Rechazan el fallo del Tribunal Supremo español que sentenció a prisión a los líderes del fallido proceso separatista en el 2017
La violencia irrumpió ayer en Cataluña al término de la segunda jornada de protestas contra el fallo del Tribunal Supremo español, que condenó a prisión a los líderes del fallido proceso de secesión de 2017, y multiplicó las presiones para que el gobierno central español intervenga otra vez la norteña región.

Casi sobre la medianoche, cuando la situación de violencia que se había extendido de Barcelona hacia otras ciudades de Cataluña todavía no estaba completamente controlada, el gobierno español del socialista Pedro Sánchez emitió un comunicado en el que aseguró que en todo momento "garantizará la seguridad y la convivencia".

Sería una minoría

"Una minoría está queriendo imponer la violencia en las calles de las ciudades catalanas, especialmente Barcelona, Tarragona, Girona y Lleida.
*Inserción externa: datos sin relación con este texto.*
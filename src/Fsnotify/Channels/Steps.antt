-- ===== src/Fsnotify/Channels/Steps.antt =====
-- fsnotify/filewatcher.go: CloseWatch, and resync with setVal, on a sound strategy.
use hotload.Prelude.{
  entries, Unique, Unique-insert, ℕ, ◌≡◌, refl, sym, subst, String, Bool, true, false, Option, some,
  List, [], ◌∷◌, ◌++◌, arith, lookup, insert, total-insert_found, inl, inr, Option-cases,
}
use hotload.State.{Result-cases}
use hotload.Text.{clean, trim_space}
use hotload.Registry.{Outcome, returns}
use hotload.Fsnotify.{
  QueryWatch, PathWatch, Strategy, PendingOperation, send, close, send_all, find_path, put_path,
  set_val, close_watch, resync, read_config_file,
}
use hotload.Fsnotify.Loop.{refresh}
use hotload.Fsnotify.Channels.{chan_total, IsSound, Sound-same, IsKeyed-insert, queries-Unique}

-- The call returned, and the strategy that it left is sound.
abbrev pub Keeps : Outcome Strategy → Type 0
Keeps r = (t : Strategy) × (r ≡ returns t) × IsSound t

-- Whoever watches a path has a watcher.
pub found-watching :
    (m : List (String × PathWatch)) (pth : String) (w : PathWatch) (b : Bool)
    → lookup pth m ≡ some w
    → (b ≡ false → m ≡ [])
    → b ≡ true
unfolding lookup
found-watching m pth w true f h = refl
found-watching m pth w false f h = absurd (ground (arith, rw (h refl) at f))

chan_total-send_all :
    (g : Option ℕ → ℕ) (op : PendingOperation) (qs : List (String × QueryWatch))
    → chan_total g (send_all op qs) ≡ chan_total g qs
unfolding send_all
chan_total-send_all g op [] = refl
chan_total-send_all g op (x ∷ qs) = omega (arith, chan_total-send_all g op qs)

entries-send_all :
    (k : String) (op : PendingOperation) (qs : List (String × QueryWatch))
    → entries k (send_all op qs) ≡ entries k qs
unfolding send_all entries
entries-send_all k op [] = refl
entries-send_all k op (x ∷ qs) = omega (arith, entries-send_all k op qs)

-- A path's watch is replaced by one with the same channels.
put_path-Keeps :
    (s : Strategy) (pth : String) (w w' : PathWatch)
    → find_path s pth ≡ some w
    → (Unique w.queries
        → Unique w'.queries
          × ((g : Option ℕ → ℕ) → chan_total g w'.queries ≡ chan_total g w.queries))
    → IsSound s
    → Keeps (put_path s pth w')
put_path-Keeps s pth w w' f change (m, p, h) =
    let l : lookup pth m ≡ some w = rw p at f in
    let b = found-watching m pth w s.has_watcher l h.watched in
    let (u, same) = change (queries-Unique pth w m h.keyed.queries l) in
    (
      record s { paths = some (insert pth w' m) },
      ground (arith, p),
      (
        insert pth w' m,
        refl,
        Sound-same m (insert pth w' m) s.closed s.next_chan s.has_watcher h
            (IsKeyed-insert pth w' m u h.keyed)
            (λ g. omega (
              arith,
              same g,
              total-insert_found (λ v. chan_total g v.queries) pth w' w m h.keyed.paths l,
            ))
            (λ e. absurd (ground (arith, b, e))),
      ),
    )

pub set_val-Keeps : (s : Strategy) (pth val : String) → IsSound s → Keeps (set_val s pth val)
unfolding set_val
set_val-Keeps s pth val h = elim (Option-cases (find_path s pth)) [
  | inl f ↦ (s, ground (arith, f), h)
  | inr (w, f) ↦
      rw (f, set_val)
        (put_path-Keeps s pth w _ f
          (λ u. (
            λ k. omega (arith, u k, entries-send_all k (send val) w.queries),
            λ g. chan_total-send_all g (send val) w.queries,
          ))
          h)
]

pub close_watch-Keeps :
    (s : Strategy) (pth qry : String) → IsSound s → Keeps (close_watch s pth qry)
unfolding close_watch
close_watch-Keeps s pth qry h = elim (Option-cases (find_path s (clean pth))) [
  | inl f ↦ (s, ground (arith, f), h)
  | inr (w, f) ↦ elim (Option-cases (lookup (trim_space qry) w.queries)) [
    | inl l ↦ (s, ground (arith, f, l), h)
    | inr (q, l) ↦
        let q' : QueryWatch = record q {
          oper_chan = q.oper_chan ++ (close (clean pth) (trim_space qry) ∷ []);
        } in
        rw (f, l, close_watch)
          (put_path-Keeps s (clean pth) w _ f
            (λ u. (
              Unique-insert (trim_space qry) q' w.queries u,
              λ g. omega (
                arith,
                total-insert_found (λ x. g x.update_chan) (trim_space qry) q' q w.queries u l,
              ),
            ))
            h)
  ]
]

resync-calls :
    (s : Strategy) (pth : String) → (resync s pth).0 ≡ record s { calls = (resync s pth).0.calls }
unfolding resync read_config_file
resync-calls s pth = ground arith

resync-IsSound : (s : Strategy) (pth : String) → IsSound s → IsSound (resync s pth).0
resync-IsSound s pth h = subst IsSound (sym (resync-calls s pth)) h

pub refresh-Keeps :
    (s : Strategy) (pth : String)
    → IsSound s
    → (t : Strategy) × (fixed : Bool) × (refresh s pth ≡ returns (t, fixed)) × IsSound t
unfolding refresh
refresh-Keeps s pth h = elim (Result-cases (resync s pth).1) [
  | inr (x, r) ↦ ((resync s pth).0, false, ground (arith, r), resync-IsSound s pth h)
  | inl (val, r) ↦
      let (t, e, k) = set_val-Keeps (resync s pth).0 pth val (resync-IsSound s pth h) in
      (t, true, ground (arith, r, e), k)
]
La violencia de esta noche está siendo generalizada en todas las protestas", aseguró el gobierno.

En consecuencia, el gobierno español respaldó el accionar de la Policía Nacional y destacó la coordinación con las demás fuerzas de seguridad, incluida la policía catalana y la Guardia Civil, que intervinieron posteriormente para contener las protestas.
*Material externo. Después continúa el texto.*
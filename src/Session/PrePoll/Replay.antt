-- ===== src/Session/PrePoll/Replay.antt =====
-- No Pre-Poll frame is accepted twice.
use aliro_ccc_core.Base.{
  ◌+◌, ◌≤◌, ◌≡◌, refl, sym, ap, arith, Bool, true, false, not, ◌&&◌, ◌⊎◌, List, [], ◌∷◌, length,
  ltb, ◌==◌, if-elim, inl, inr,
}
use aliro_ccc_core.Base.Words.{Bytes}
use aliro_ccc_core.Core.{Result, ok, err, malformed_frame}
use aliro_ccc_core.Crypto.Provider.{CryptoProvider}
use aliro_ccc_core.Frame.{MacHeader, PrePollPayload, decode_header}
use aliro_ccc_core.Session.PrePoll.{
  Freshness, SessionKeys, header_ok, is_stale, not_ahead, accept_pre_poll, open_pre_poll,
  with_header, decode_pre_poll_frame,
}

not-false : (b : Bool) → not b ≡ false → b ≡ true
not-false true e = refl
not-false false e = cc

-- The counter that is remembered never falls.
record IsLater (s t : Freshness) : Type 0 where
  kept : s.has_received_pre_poll_counter ≡ true → t.has_received_pre_poll_counter ≡ true
  counter :
      s.has_received_pre_poll_counter ≡ true → s.last_pre_poll_counter ≤ t.last_pre_poll_counter

-- What the acceptance of a frame says: its header is for this session and fresh, its payload opens
-- under the session's key and names the session, its STS index is ahead of the last one, and both
-- are remembered.
pub record IsAccepted (crypto : CryptoProvider) (keys : SessionKeys) (s : Freshness) (frame : Bytes)
    (p : PrePollPayload) (t : Freshness) : Type 0 where
  pub header : MacHeader
  pub decoded : decode_header frame ≡ ok header
  pub for_us : header_ok keys header ≡ true
  pub fresh : is_stale s header ≡ false
  pub opened : open_pre_poll crypto keys frame header ≡ ok p
  pub session : p.session_id ≡ keys.session_id
  pub ahead :
      (s.has_pre_poll_sts_index && not_ahead p.poll_sts_index s.last_pre_poll_sts_index) ≡ false
  pub next : t ≡ record {
    last_pre_poll_counter = header.frame_counter;
    has_received_pre_poll_counter = true;
    last_pre_poll_sts_index = p.poll_sts_index;
    has_pre_poll_sts_index = true;
  }

module _ (crypto : CryptoProvider) (keys : SessionKeys) where
  -- The state after some frames.
  pub after_frames : Freshness → List Bytes → Freshness
  after_frames s [] = s
  after_frames s (frame ∷ frames) =
      after_frames (decode_pre_poll_frame crypto keys s frame).1 frames

  same : (s : Freshness) → IsLater s s
  same s = record { kept = λ h. h; counter = λ h. omega arith }

  accept-IsLater :
      (s : Freshness) (h : MacHeader) (r : Result PrePollPayload)
      → is_stale s h ≡ false
      → IsLater s (accept_pre_poll keys s h r).1
  accept-IsLater s h (err e) fresh = same s
  accept-IsLater s h (ok p) fresh =
      if-elim (λ (r : Result PrePollPayload × Freshness). IsLater s r.1)
        (not (p.session_id == keys.session_id)) (λ e. same s)
        λ e.
          if-elim (λ (r : Result PrePollPayload × Freshness). IsLater s r.1)
            (s.has_pre_poll_sts_index && not_ahead p.poll_sts_index s.last_pre_poll_sts_index)
            (λ e'. same s) λ e'. record { kept = λ h. refl; counter = λ got. ground arith }

  decode-IsLater :
      (s : Freshness) (frame : Bytes) → IsLater s (decode_pre_poll_frame crypto keys s frame).1
  unfolding decode_pre_poll_frame
  decode-IsLater s frame = with_header-IsLater (decode_header frame)
    where
      with_header-IsLater : (r : Result MacHeader) → IsLater s (with_header crypto keys s frame r).1
      with_header-IsLater (err e) = same s
      with_header-IsLater (ok h) =
          if-elim (λ (r : Result PrePollPayload × Freshness). IsLater s r.1)
            (not (header_ok keys h)) (λ e. same s)
            λ e.
              if-elim (λ (r : Result PrePollPayload × Freshness). IsLater s r.1) (is_stale s h)
                (λ e'. same s)
                λ fresh.
                  if-elim (λ (r : Result PrePollPayload × Freshness). IsLater s r.1)
                    (ltb (length frame) (23 + (h.payload_length + 8))) (λ e'. same s)
                    (λ e'. accept-IsLater s h (open_pre_poll crypto keys frame h) fresh)

  after_frames-IsLater : (s : Freshness) (frames : List Bytes) → IsLater s (after_frames s frames)
  unfolding after_frames
  after_frames-IsLater s [] = same s
  after_frames-IsLater s (frame ∷ frames) =
      let first = decode-IsLater s frame in
      let rest = after_frames-IsLater (decode_pre_poll_frame crypto keys s frame).1 frames in
      record {
        kept = λ h. rest.kept (first.kept h);
        counter = λ h. omega (arith, first.counter h, rest.counter (first.kept h));
      }

  abbrev pub Verdict : Freshness → Bytes → Result PrePollPayload → Freshness → Type 0
  Verdict s frame r t =
      ((p : PrePollPayload) × (r ≡ ok p) × IsAccepted crypto keys s frame p t)
      ⊎ ((r ≡ err malformed_frame) × (t ≡ s))

  -- A frame is accepted only if its header is for this session and has a fresh counter, its payload
  -- opens under the session's key and names the session, and its STS index is ahead; otherwise the
  -- error is a malformed frame and nothing is remembered.
  pub decode_pre_poll_frame_lem :
      (s : Freshness) (frame : Bytes) (r : Result PrePollPayload) (t : Freshness)
      → decode_pre_poll_frame crypto keys s frame ≡ (r, t)
      → Verdict s frame r t
  unfolding decode_pre_poll_frame
  decode_pre_poll_frame_lem s frame r t e = with_header_lem (decode_header frame) refl e
    where
      refused :
          ◌≡◌ {A = Result PrePollPayload × Freshness} (err malformed_frame, s) (r, t)
          → Verdict s frame r t
      refused e = inr (sym (ap (λ x. x.0) e), sym (ap (λ x. x.1) e))

      accept_lem :
          (h : MacHeader)
          → decode_header frame ≡ ok h
          → header_ok keys h ≡ true
          → is_stale s h ≡ false
          → (o : Result PrePollPayload) → open_pre_poll crypto keys frame h ≡ o
          → accept_pre_poll keys s h o ≡ (r, t)
          → Verdict s frame r t
      accept_lem h d good fresh (err x) o = refused
      accept_lem h d good fresh (ok p) o =
          if-elim (λ (x : Result PrePollPayload × Freshness). x ≡ (r, t) → Verdict s frame r t)
            (not (p.session_id == keys.session_id)) (λ b. refused)
            λ b.
              if-elim (λ (x : Result PrePollPayload × Freshness). x ≡ (r, t) → Verdict s frame r t)
                (s.has_pre_poll_sts_index && not_ahead p.poll_sts_index s.last_pre_poll_sts_index)
                (λ b'. refused)
                λ b' e'. inl (
                  p,
                  sym (ap (λ x. x.0) e'),
                  record {
                    header = h;
                    decoded = d;
                    for_us = good;
                    fresh = fresh;
                    opened = o;
                    session = ground arith;
                    ahead = b';
                    next = sym (ap (λ x. x.1) e');
                  },
                )

      with_header_lem :
          (m : Result MacHeader)
          → decode_header frame ≡ m
          → with_header crypto keys s frame m ≡ (r, t)
          → Verdict s frame r t
      with_header_lem (err x) d = refused
      with_header_lem (ok h) d =
          if-elim (λ (x : Result PrePollPayload × Freshness). x ≡ (r, t) → Verdict s frame r t)
            (not (header_ok keys h)) (λ b. refused)
            λ b.
              if-elim (λ (x : Result PrePollPayload × Freshness). x ≡ (r, t) → Verdict s frame r t)
                (is_stale s h) (λ b'. refused)
                λ fresh.
                  if-elim
                    (λ (x : Result PrePollPayload × Freshness). x ≡ (r, t) → Verdict s frame r t)
                    (ltb (length frame) (23 + (h.payload_length + 8))) (λ b'. refused)
                    (λ b'.
                      accept_lem h d (not-false (header_ok keys h) b) fresh
                        (open_pre_poll crypto keys frame h) refl)

  stale_refused :
      (s : Freshness) (frame : Bytes) (h : MacHeader)
      → decode_header frame ≡ ok h
      → is_stale s h ≡ true
      → header_ok keys h ≡ true
      → decode_pre_poll_frame crypto keys s frame ≡ (err malformed_frame, s)
  unfolding decode_pre_poll_frame
  stale_refused s frame h d old good = rw (d, old, good)

  stale_later :
      (s t : Freshness) (h : MacHeader)
      → s.has_received_pre_poll_counter ≡ true
      → s.last_pre_poll_counter ≡ h.frame_counter
      → IsLater s t
      → is_stale t h ≡ true
  stale_later s t h has last later = rw (later.kept has) (ground (arith, later.counter has, last))

  -- A frame that was accepted is refused ever after: whatever frames come in between, accepted or
  -- not, the same frame gives an error and leaves the state as it is.
  pub decode_pre_poll_frame_replay :
      (s : Freshness) (frame : Bytes) (p : PrePollPayload) (t : Freshness) (frames : List Bytes)
      → decode_pre_poll_frame crypto keys s frame ≡ (ok p, t)
      → decode_pre_poll_frame crypto keys (after_frames t frames) frame
        ≡ (err malformed_frame, after_frames t frames)
  decode_pre_poll_frame_replay s frame p t frames e =
      elim (decode_pre_poll_frame_lem s frame (ok p) t e) [
        | inl accepted ↦
            let a = accepted.2 in
            stale_refused (after_frames t frames) frame a.header a.decoded
              (stale_later t (after_frames t frames) a.header
                (ap (λ (x : Freshness). x.has_received_pre_poll_counter) a.next)
                (ap (λ (x : Freshness). x.last_pre_poll_counter) a.next)
                (after_frames-IsLater t frames))
              a.for_us
        | inr refusal ↦ cc (refusal.0)
      ]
Tres manifestantes fueron detenidos, según el diario El Mundo, y al menos 74 resultaron heridos, según los servicios de Emergencia.

Ajena a las críticas de Madrid, la vocera del gobierno catalán, Mertixell Budó, reivindicó el carácter "cívico y pacífico del movimiento independentista" y, tras "condenar cualquier tipo de violencia", llamó a los propios militantes y simpatizantes independentistas a "aislar a los violentos".

"Hay un grupo de personas organizadas que dañan la imagen del independentismo", dijo en declaraciones a TVE.

Pero las imágenes de caos y violencia fueron suficientes para que el líder del Partido Popular (PP), Pablo Casado, exigiera ayer a Sánchez activar la "Ley de Seguridad Nacional", una norma que permite al gobierno central coordinar a todas las fuerzas de seguridad del Estado.

"Los catalanes no podemos vivir en una tierra donde los violentos imponen su ley. Sánchez tiene que actuar inmediatamente para protegernos no sólo de los radicales sino del gobierno que les alienta", aseguró Inés Arrimadas, exlíder de Ciudadanos en Cataluña.

Tras una primera jornada de protestas en la que manifestantes bloquearon parcialmente el aeropuerto internacional El Prat, el movimiento independentista volvió ayer a las calles para rechazar la sentencia contra sus líderes.

El propio presidente catalán, Quim Torra, había prometido que garantizaría el derecho de los independentistas a protestar contra esta "injusticia".